Данте сознательно берется судить свое время и, что бы ни вдохновляло его – астрологические расчеты или политические предвидения, выводит колоссальную формулу века, создавая «Комедию». Особенно наглядна его интуиция в изображении групп политиков или философов: антиномии, полагает Данте, несовместимы только в суетной повседневности, но эпохе они-то в первую очередь и нужны, это ее строительный материал, на котором она проявляет свои синтетические силы, или, говоря языком Дантовой философии духа, любовь. Опыт такой философии проложил пути идеям Дж. Вико, историзму и культурологии XVIII–XIX вв.

Глава 2
Культурфилософские идеи XVIII в.

В XVIII в. в Европе активизируются процессы, которые привели к формированию науки о культуре. Нам важно понять, почему кристаллизация культурологии происходит именно в это время. К середине века очевиден кризис научной парадигмы Нового времени. Механика, математика и астрономия перестают поставлять универсальные формулы для описания природы. Обозначаются контуры новых наук: биология, химия, психология, языкознание, история, этнография, антропология, археология, политология – эти и другие научные направления изучают теперь то, что раньше считалось областью случайного или даже вовсе внеразумного. Тем самым оказывается возможным рациональное (по форме) знание о предметах, по крайней мере не вполне рациональных. Отсюда – потребность в рассмотрении того типа реальности, который не совпадает ни с природой, ни с субъективной разумной волей. С этим и связана рефлексия о «цивилизации» и «культуре» как ближайшем проявлении этой реальности, которую можно было бы назвать объективно-разумной, бессознательно-разумной или даже бессубъектно-разумной. Открытие «культуры» и расширение сферы рационального делают ненужной прежнюю унитарную модель разума, создающего свою иерархию, что позволяет в результате расположить разнородные ценности на одной плоскости. Появление – пусть в черновом виде – новых научных дисциплин позволило потеснить детерминизм и обострить внимание к бессознательно-целесообразным аспектам реальности. Жизнь – история – язык – искусство – «животный магнетизм» – «духовидение»… Все это требовало категории цели, но далеко не всегда нуждалось в рационально-целеполагающем субъекте, идеал которого выработал XVIII в. в противостоянии Ренессансу. Чувственно-аффективный субъект, вписанный в среду, лучше соответствовал новой картине целого. У науки в этот период ослабевает страсть к унификации мира как своего рода сверхавтомата, к описанию его на языке дедукции и сквозной причинности. Астрономия осваивает идею множественности миров, физика вспоминает античный атомизм. Появляется вкус к энциклопедической классификации и таксономии пестрых феноменов действительности: метод выведения законов несколько потеснен методом описания фактов; партикулярное и индивидуальное уже не так подавлены универсальным.

 

Синхронно появился неведомый ранее европейскому сознанию принцип историзма, и скоро будет сформулирована его предельная ценность – прогресс. Борьба в концепциях историков «случайности» и «провидения» как движущих сил истории показывает востребованность новой объяснительной модели развития цивилизации, в которой непрерывность развития заменит как эсхатологическую прерывность (модель, принятая Средневековьем), так и эстетическое безразличие ко времени (модель Античности). Рождение историзма во многом обессмыслило старый идеал природы. Процесс становления перестал быть несовершенным полуфабрикатом по отношению к вечному бытию. Природа сама становится частью универсума, в котором происходит историческое становление. Но самое главное – становление предполагает свою первичность по отношению к любому ставшему, и это открывает горизонты интуиции культуры. Ведь полиморфизм культуры в ее историческом измерении означает, что единичное и особенное явление самоценно в своей конкретности как символическое выражение абсолюта, что универсум плюралистичен, что каждый момент исторического неповторим и заслуживает памяти и запечатления.

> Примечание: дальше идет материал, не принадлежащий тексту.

-- ===== src/Exp/Scan/Pieces.antt =====
-- What the pieces of a round of `eval` in src/src/exp.c leave of the text.
use dasm_dillon_code_sourcef.Common.{
  ℕ, suc, ◌+◌, ◌-◌, ◌≤◌, ◌≡◌, refl, ap, Bool, true, false, ◌&&◌, List, [], ◌∷◌, Option, none, some,
  if◌then◌else◌, ◌==◌, ltb, leb, length, length-drop, drop, arith, Run, ok, Partial, Partial-any,
  Partial-bind, Bool-cases, Option-cases, ==_iff, inl, inr,
}
use dasm_dillon_code_sourcef.Asm.{no_flags}
use dasm_dillon_code_sourcef.Symbols.{Globals}
use dasm_dillon_code_sourcef.Exp.Operators.{Operator}
use dasm_dillon_code_sourcef.Exp.Machine.{Machine, doop, stackarg}
use dasm_dillon_code_sourcef.Exp.Literals.{
  push_number, pushhex, pushoct, pushdec, pushbin, pushchar, pushstr, scan_digits, skip_string,
  char_long, hex_digit, step_hex, step_oct, step_dec, step_bin, digit_below,
}
use dasm_dillon_code_sourcef.Exp.Scan.{
  Scan, Nested, peek, advance, scan_operator, scan_operand, scan_symbol, scan_origin, pushsymbol,
  push_name, name_length,
}
use dasm_dillon_code_sourcef.Exp.Scan.Eval.{
  binary_operator, unary_operator, infix_operator, find_operator,
}

-- If the run ends, at most `b` bytes are left.
abbrev pub Leaves : ℕ → Run Scan → Type 0
Leaves b r = Partial (λ t. length t.text ≤ b) r

pub Leaves-if :
    (b : ℕ) (t : Bool) (x y : Run Scan) → Leaves b x → Leaves b y → Leaves b (if t then x else y)
Leaves-if b true x y h k = h
Leaves-if b false x y h k = k

pub Leaves-when :
    (b : ℕ) (t : Bool) (x y : Run Scan)
    → (t ≡ true → Leaves b x)
    → Leaves b y
    → Leaves b (if t then x else y)
Leaves-when b true x y h k = h refl
Leaves-when b false x y h k = k

pub advance-Leaves : (n b : ℕ) (sc : Scan) → length sc.text ≤ b + n → Leaves b (advance n sc)
unfolding advance
advance-Leaves n b sc h = elim (Bool-cases (leb n (length sc.text))) [
  | inl e ↦ rw e (omega (arith, length-drop n sc.text))
  | inr e ↦ rw e tt
]

-- the operator reads a byte at least
abbrev pub IsWide : Option (Operator × ℕ × ℕ) → Type 0
IsWide none = Unit
IsWide (some r) = 1 ≤ r.2

IsWide-if :
    (t : Bool) (x y : Option (Operator × ℕ × ℕ)) → IsWide x → IsWide y → IsWide (if t then x else y)
IsWide-if true x y h k = h
IsWide-if false x y h k = k

binary_operator-IsWide : (c next : ℕ) → IsWide (binary_operator c next)
unfolding binary_operator
binary_operator-IsWide c next = ground arith

unary_operator-IsWide : (c : ℕ) → IsWide (unary_operator c)
unfolding unary_operator
unary_operator-IsWide c = ground arith

infix_operator-IsWide : (c next : ℕ) → IsWide (infix_operator c next)
unfolding infix_operator
infix_operator-IsWide c next = ground arith

IsWide-else :
    (o x : Option (Operator × ℕ × ℕ))
    → IsWide o
    → IsWide x
    → IsWide (elim o [ some r ↦ some r | none ↦ x ])
IsWide-else none x h k = k
IsWide-else (some r) x h k = h

pub find_operator-IsWide : (lastwasop : Bool) (c next : ℕ) → IsWide (find_operator lastwasop c next)
unfolding find_operator
find_operator-IsWide lastwasop c next =
    IsWide-else (binary_operator c next)
      (if lastwasop then unary_operator c else infix_operator c next)
      (binary_operator-IsWide c next)
      (IsWide-if lastwasop (unary_operator c) (infix_operator c next) (unary_operator-IsWide c)
        (infix_operator-IsWide c next))

pub scan_operator-Leaves :
    (f : Operator) (p n b : ℕ) (sc : Scan)
    → length sc.text ≤ b + n
    → Leaves b (scan_operator f p n sc)
unfolding scan_operator
scan_operator-Leaves f p n b sc h =
    Partial-any (λ t. length t.text ≤ b) (doop f p sc.machine)
      (λ m. advance n (record sc { machine = m }))
      (λ m. advance-Leaves n b (record sc { machine = m }) h)

-- the text behind an operand
abbrev Rest : ℕ → Run (List ℕ × Machine) → Type 0
Rest b r = Partial (λ t. length t.0 ≤ b) r

pub scan_operand-Leaves :
    (push : List ℕ → Machine → Run (List ℕ × Machine)) (str : List ℕ) (b : ℕ) (sc : Scan)
    → Rest b (push str sc.machine)
    → Leaves b (scan_operand push str sc)
unfolding scan_operand
scan_operand-Leaves push str b sc h =
    Partial-bind (λ t. length t.0 ≤ b) (λ t. length t.text ≤ b) (push str sc.machine)
      (λ r. ok (record sc { text = r.0; machine = r.1 })) h (λ r k. k)

push_number-Rest :
    (v : ℕ) (rest : List ℕ) (b : ℕ) (m : Machine)
    → length rest ≤ b
    → Rest b (push_number (v, rest) m)
unfolding push_number
push_number-Rest v rest b m h =
    Partial-any (λ t. length t.0 ≤ b) (stackarg v no_flags [] m) (λ m'. ok (rest, m')) (λ m'. h)

scan_digits-none :
    (digit : ℕ → Option ℕ) (step : ℕ → ℕ → ℕ) (v c : ℕ) (s : List ℕ)
    → digit c ≡ none
    → scan_digits digit step v (c ∷ s) ≡ (v, c ∷ s)
unfolding scan_digits
scan_digits-none digit step v c s e = rw (scan_digits, e) refl

scan_digits-some :
    (digit : ℕ → Option ℕ) (step : ℕ → ℕ → ℕ) (v c d : ℕ) (s : List ℕ)
    → digit c ≡ some d
    → scan_digits digit step v (c ∷ s) ≡ scan_digits digit step (step v d) s
unfolding scan_digits
scan_digits-some digit step v c d s e = rw (scan_digits, e) refl

scan_digits-length :
    (digit : ℕ → Option ℕ) (step : ℕ → ℕ → ℕ) (v : ℕ) (s : List ℕ)
    → length (scan_digits digit step v s).1 ≤ length s
unfolding scan_digits
scan_digits-length digit step v [] = omega arith
scan_digits-length digit step v (c ∷ s) = elim (Option-cases (digit c)) [
  | inl e ↦ omega (arith, ap (λ r. length r.1) (scan_digits-none digit step v c s e))
  | inr (d, e) ↦ omega (
    arith,
    ap (λ r. length r.1) (scan_digits-some digit step v c d s e),
    scan_digits-length digit step (step v d) s,
  )
]

scan_digits-digit :
    (digit : ℕ → Option ℕ) (step : ℕ → ℕ → ℕ) (v c d : ℕ) (s : List ℕ)
    → digit c ≡ some d
    → length (scan_digits digit step v (c ∷ s)).1 ≤ length s
scan_digits-digit digit step v c d s e = omega (
  arith,
  ap (λ r. length r.1) (scan_digits-some digit step v c d s e),
  scan_digits-length digit step (step v d) s,
)

skip_string-length : (s : List ℕ) → length (skip_string s) ≤ length s
unfolding skip_string
skip_string-length [] = omega arith
skip_string-length (c ∷ s) = elim (Bool-cases (c == 0x22)) [
  | inl e ↦ rw e (omega arith)
  | inr e ↦ rw e (omega (arith, skip_string-length s))
]

pub pushstr-Rest : (s : List ℕ) (m : Machine) → Rest (length s) (pushstr s m)
unfolding pushstr
pushstr-Rest s m =
    Partial-any (λ t. length t.0 ≤ length s) (stackarg 0 (record no_flags { string = true }) s m)
      (λ m'. ok (skip_string s, m')) (λ m'. skip_string-length s)

pub pushchar-Rest : (s : List ℕ) (m : Machine) → Rest (length s) (pushchar s m)
unfolding pushchar
pushchar-Rest [] m = push_number-Rest 32 [] 0 m (omega arith)
pushchar-Rest (c ∷ s) m = push_number-Rest (char_long c) s (suc (length s)) m (omega arith)

pub pushoct-Rest :
    (c : ℕ) (s : List ℕ) (m : Machine) → (c == b'0') ≡ true → Rest (length s) (pushoct (c ∷ s) m)
unfolding pushoct
pushoct-Rest c s m h =
    push_number-Rest _ _ (length s) m
      (scan_digits-digit (digit_below 8) step_oct 0 c 0 s (rw ((==_iff c b'0').0 h) refl))

pub pushdec-Rest :
    (c : ℕ) (s : List ℕ) (m : Machine)
    → (ltb b'0' c && leb c b'9') ≡ true
    → Rest (length s) (pushdec (c ∷ s) m)
unfolding pushdec
pushdec-Rest c s m h =
    push_number-Rest _ _ (length s) m
      (scan_digits-digit (digit_below 10) step_dec 0 c (c - b'0') s (ground arith))

pub pushhex-Rest : (s : List ℕ) (m : Machine) → Rest (length s) (pushhex s m)
unfolding pushhex
pushhex-Rest s m = push_number-Rest _ _ (length s) m (scan_digits-length hex_digit step_hex 0 s)

pub pushbin-Rest : (s : List ℕ) (m : Machine) → Rest (length s) (pushbin s m)
unfolding pushbin
pushbin-Rest s m =
    push_number-Rest _ _ (length s) m (scan_digits-length (digit_below 2) step_bin 0 s)

-- the text behind a symbol
abbrev Behind : ℕ → Run (List ℕ × Machine × Globals) → Type 0
Behind b r = Partial (λ t. length t.0 ≤ b) r

pushsymbol-Behind :
    (nested : Nested) (c : ℕ) (s : List ℕ) (m : Machine) (g : Globals)
    → Behind (length s) (pushsymbol nested (c ∷ s) m g)
unfolding pushsymbol
pushsymbol-Behind nested c s m g = elim (Bool-cases (name_length (c ∷ s) == 0)) [
  | inl e ↦ rw e (omega arith)
  | inr e ↦
      let n = name_length (c ∷ s) in
      let len = if peek n (c ∷ s) == b'$' then n + 1 else n in
      let pos : 1 ≤ len = ground arith in
      rw e (
        Partial-any (λ t. length t.0 ≤ length s) (push_name nested (c ∷ s) len m g)
          (λ r. ok (drop len (c ∷ s), r.0, r.1)) (λ r. omega (arith, length-drop len (c ∷ s))))
]

pub scan_symbol-Leaves :
    (nested : Nested) (c : ℕ) (s : List ℕ) (sc : Scan)
    → Leaves (length s) (scan_symbol nested (record sc { text = c ∷ s }))
unfolding scan_symbol
scan_symbol-Leaves nested c s sc =
    Partial-bind (λ t. length t.0 ≤ length s) (λ t. length t.text ≤ length s)
      (pushsymbol nested (c ∷ s) sc.machine sc.globals)
      (λ r. ok (record sc { text = r.0; machine = r.1; globals = r.2 }))
      (pushsymbol-Behind nested c s sc.machine sc.globals) (λ r k. k)

pub scan_origin-Leaves :
    (nested : Nested) (b : ℕ) (sc : Scan)
    → length sc.text ≤ b + 1
    → Leaves b (scan_origin nested sc)
unfolding scan_origin
scan_origin-Leaves nested b sc h =
    Partial-any (λ t. length t.text ≤ b) (pushsymbol nested (b'.' ∷ []) sc.machine sc.globals)
      (λ r. advance 1 (record sc { machine = r.1; globals = r.2 }))
      (λ r. advance-Leaves 1 b (record sc { machine = r.1; globals = r.2 }) h)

XVIII веком был открыт естественный плюрализм культур: географическая экспансия Европы, колониализм, миссионерство, археологические раскопки – все это обнаружило не «варварские», как полагали ранее, но именно альтернативные культуры. В соединении с руссоистскими разочарованиями это приводит к отрицанию однонаправленного развития цивилизации. Возникает интерес к инокультурному: появляются «готические» и «восточные» мотивы в литературе и живописи; понемногу восстанавливается уважение к мифу. Не только экзотика, но и классика становится в очередной раз предметом рефлексии. Но теперь она уже несколько теряет свой статус абсолютной точки отсчета и само собой разумеющегося достояния Европы «по праву рождения»: после Винкельмана «благородная простота» Античности воспринимается как несколько дистанцированный в истории укор европейской «испорченности». Впрочем, синхронный расцвет этнографии и археологии, позволивший буквально увидеть исторический образ Античности благодаря раскопкам в Геркулануме и Помпеях, привносит и в античную тему момент экзотики.

Проявляется внимание к национальной самобытности, к фольклору. Пока это происходит в таких спокойных формах, как плодотворный интерес к «особенному», не растворившемуся во «всеобщем», что обогащает плюральное представление о культуре. Но Гёте уже видит в этой тенденции некую угрозу и развивает (в полемике со штюрмерством и ранним романтизмом) контрамотив: рассуждения о «мировой литературе» и «мировой культуре». Такая форма конфликта универсального и партикулярного только подчеркивает, что однородная десакрализованная среда культуры уже сформировалась как некая общая оболочка.

В XVIII в. появляется сентименталистско-демократический принцип равенства людей в их природе, прежде всего в чувственности, каковая порождает равнодостойные уважения переживания. Отсюда – стремление скорее понять «иного», чем оценить его с точки зрения готовой шкалы ценностей. Приоритет задачи понимания и эмпатического сопереживания перед репрессивной нормой (каковой, между прочим, является и художественный стиль) повышает интерес к индивидуальному, своеобычному и даже паранормальному.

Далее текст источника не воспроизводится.